I cord-n’t stop the awful puns


In the middle of the summer, I got in to my head that the dress I wanted for autumn was a blue needlecord dungaree dress. I didn’t know why, it was just what I wanted.

Time marched on, and I found myself in September, having not bought any corduroy. Tilly & the Buttons had just launched Cleo so suddenly the internet was awash with dungaree dresses.

Still I didn’t pull my finger out.

Then, I went to Hong Kong, and when I came back I knew exactly what the first thing I was going to make was. That dungaree dress I’d had my eye on for months. It took me until the middle of November. It was worth it.

Coupled with my trust Belle and Sebastian brooch

What is it?

A corduroy dungaree dress

Is it blue?

Yes!

What’s the fabric and where is it from?

The fabric is a thickish corduroy which is actually leftover sofa material from the time that I made a sofa cover that I then dyed blue with machine dye. The whole process made me feel like a wizard, which was pretty cool.


What’s the pattern?

It’s a mash up of the Hollyburn skirt and the Cotton & Chalk Sunday Set pattern, which I got free with a copy of Simply sewing magazine. I really liked the dungaree part of the Sunday Set, but wanted a longer skirt, and I also wanted slash pockets in the skirt which the Hollyburn has.

What was good about making it?

The sense of achievement pulling together lots of different patterns to make a dress was pretty cool. I also like the fact that I’ve managed to make something that combines my usual style with something a bit more casual.

On top of this, I got to use my trusty clamp (or whatever it is they’re called; the squeezy plier things) to squeeze the jeans buttons in place, and that’s always fun.

Look how neat it looks!

Finally, the two tone effect that occurred due to the machine dying meant that not only does the fabric have a really interesting variation in it, but the cutting and sewing was a piece of cake as everything was in clear straight lines.

What was bad about making it?

Turning the dungaree straps. Oh man that was a pain. They’re quite long, and quite thing, which, adding in the thickness of the fabric meant it was totally unwieldy to deal with.

Would you make it again?

Probably not. Not because I don’t love it (and indeed, I’ve had a load of wear out of it over the last two months) but, realistically, I don’t think I’d wear another dungaree dress!

x

Unicorn dress!

A photo posted by Rhiannon D (@rhiannonbrum) on


Sometimes you find a fabric that you fall in love with, but you don’t know whether or not you’ll use it (and it’s pricey…) so you leave it.

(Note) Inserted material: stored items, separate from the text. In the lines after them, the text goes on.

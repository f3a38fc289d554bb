-- ===== src/Validator/Variables.antt =====
-- packages/backend/src/common/utils/variable-validator.ts: the validation of a value, and of all the
-- variables of a server.
use nexus_panel.Common.{
  Bool, true, false, not, ◌||◌, Option, none, some, List, [], ◌∷◌, ◌++◌, if◌then◌else◌, map,
}
use mathlib.Core.Option.{get_or}
use nexus_panel.Common.Texts.{Text, codes, ◌==◌, includes, split_on, trim}
use nexus_panel.Common.Dicts
use nexus_panel.Database.Entities.{EggVariable}
use nexus_panel.Common.Js.{Js}
use nexus_panel.Validator.Rules.{read_rule, check_rule}

pub record ValidationResult : Type 0 where
  pub valid : Bool
  pub errors : List Text

pub record ServerValidation : Type 0 where
  pub valid : Bool
  pub errors : List (Text × List Text)

abbrev pub is_empty {ℓ} : {A : Type ℓ} → List A → Bool
is_empty [] = true
is_empty (x ∷ xs) = false

abbrev pub rule_list : Text → List Text
rule_list rules = map trim (split_on b'|' rules)

abbrev pub is_required : List Text → Bool
is_required rules = includes rules (codes "required")

abbrev pub is_nullable : List Text → Bool
is_nullable rules = includes rules (codes "nullable")

abbrev pub is_numeric_type : List Text → Bool
is_numeric_type rules = includes rules (codes "numeric") || includes rules (codes "integer")

abbrev verdict : List Text → ValidationResult
verdict errors = record { valid = is_empty errors; errors = errors }

-- A missing, null or empty value.
unfoldable pub check_empty : Text → List Text → ValidationResult
check_empty name rules =
    let errors = if is_required rules then (name ++ codes " is required.") ∷ [] else [] in
    if is_nullable rules || not (is_required rules)
    then verdict errors
    else record { valid = false; errors = errors }

module _ (js : Js) where
  -- The loop over the rules.
  unfoldable pub check_rules : Bool → Text → Text → List Text → List Text
  check_rules numeric name value [] = []
  check_rules numeric name value (rule ∷ rules) =
      check_rule js numeric name value (read_rule rule) ++ check_rules numeric name value rules

  unfoldable pub check_value : Text → Option Text → List Text → ValidationResult
  unfolding check_empty
  check_value name none rules = check_empty name rules
  check_value name (some []) rules = check_empty name rules
  check_value name (some (c ∷ s)) rules =
      verdict (check_rules (is_numeric_type rules) name (c ∷ s) rules)

  unfoldable pub validate_variable_value : Text → Option Text → Text → ValidationResult
  unfolding check_value
  validate_variable_value name value rules =
      if is_empty rules || trim rules == []
      then record { valid = true; errors = [] }
      else check_value name value (rule_list rules)

  -- `variables[key] ?? default`.
  abbrev pub value_of : List (Text × Text) → EggVariable → Text
  value_of variables v = get_or (Dicts.lookup v.env_variable variables) v.default_value

  -- One round of the loop over the egg variables.
  unfoldable pub add_errors :
      List (Text × Text) → List (Text × List Text) → EggVariable → List (Text × List Text)
  add_errors variables errors v =
      let result = validate_variable_value v.name (some (value_of variables v)) v.rules in
      if result.valid then errors else Dicts.insert v.env_variable result.errors errors

  unfoldable pub collect_errors :
      List (Text × Text) → List (Text × List Text) → List EggVariable → List (Text × List Text)
  unfolding add_errors
  collect_errors variables errors [] = errors
  collect_errors variables errors (v ∷ vs) =
      collect_errors variables (add_errors variables errors v) vs

  unfoldable pub validate_server_variables :
      List (Text × Text) → List EggVariable → ServerValidation
  unfolding collect_errors
  validate_server_variables variables egg_variables =
      let errors = collect_errors variables [] egg_variables in
      record { valid = is_empty errors; errors = errors }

And go back and look again.

And leave it.

And so on, until eventually, one day, you buckle and buy it, just in case.

And then it sits in your stash a while longer, and then you find out that the delightful Gabby is getting married and there is really no better fabric to make a dress to wear to her wedding with than that rather special fabric.

What is it?

A DRESS WITH UNICORNS ON IT!

Is it blue?

Yes

What’s the fabric and where is it from?

The fabric is Riley Blake Unicorn fabric that I bought in Guthrie and Ghani. The lining material is a blue chiffon that I got from Sayeeds (?) in Walthamstow.

What’s the pattern?

The Sewaholic Cambie dress with the gathered skirt option

What was good about making this?

Uh, the fact it is unicorn fabric?! That aside, I really like this pattern, it fits me well and the sweetheart neckline is lovely. Having made it once before it came together really swiftly. I also got to discover the rolled hem setting on my overlocker when it came to sorting out the chiffon dropped hem.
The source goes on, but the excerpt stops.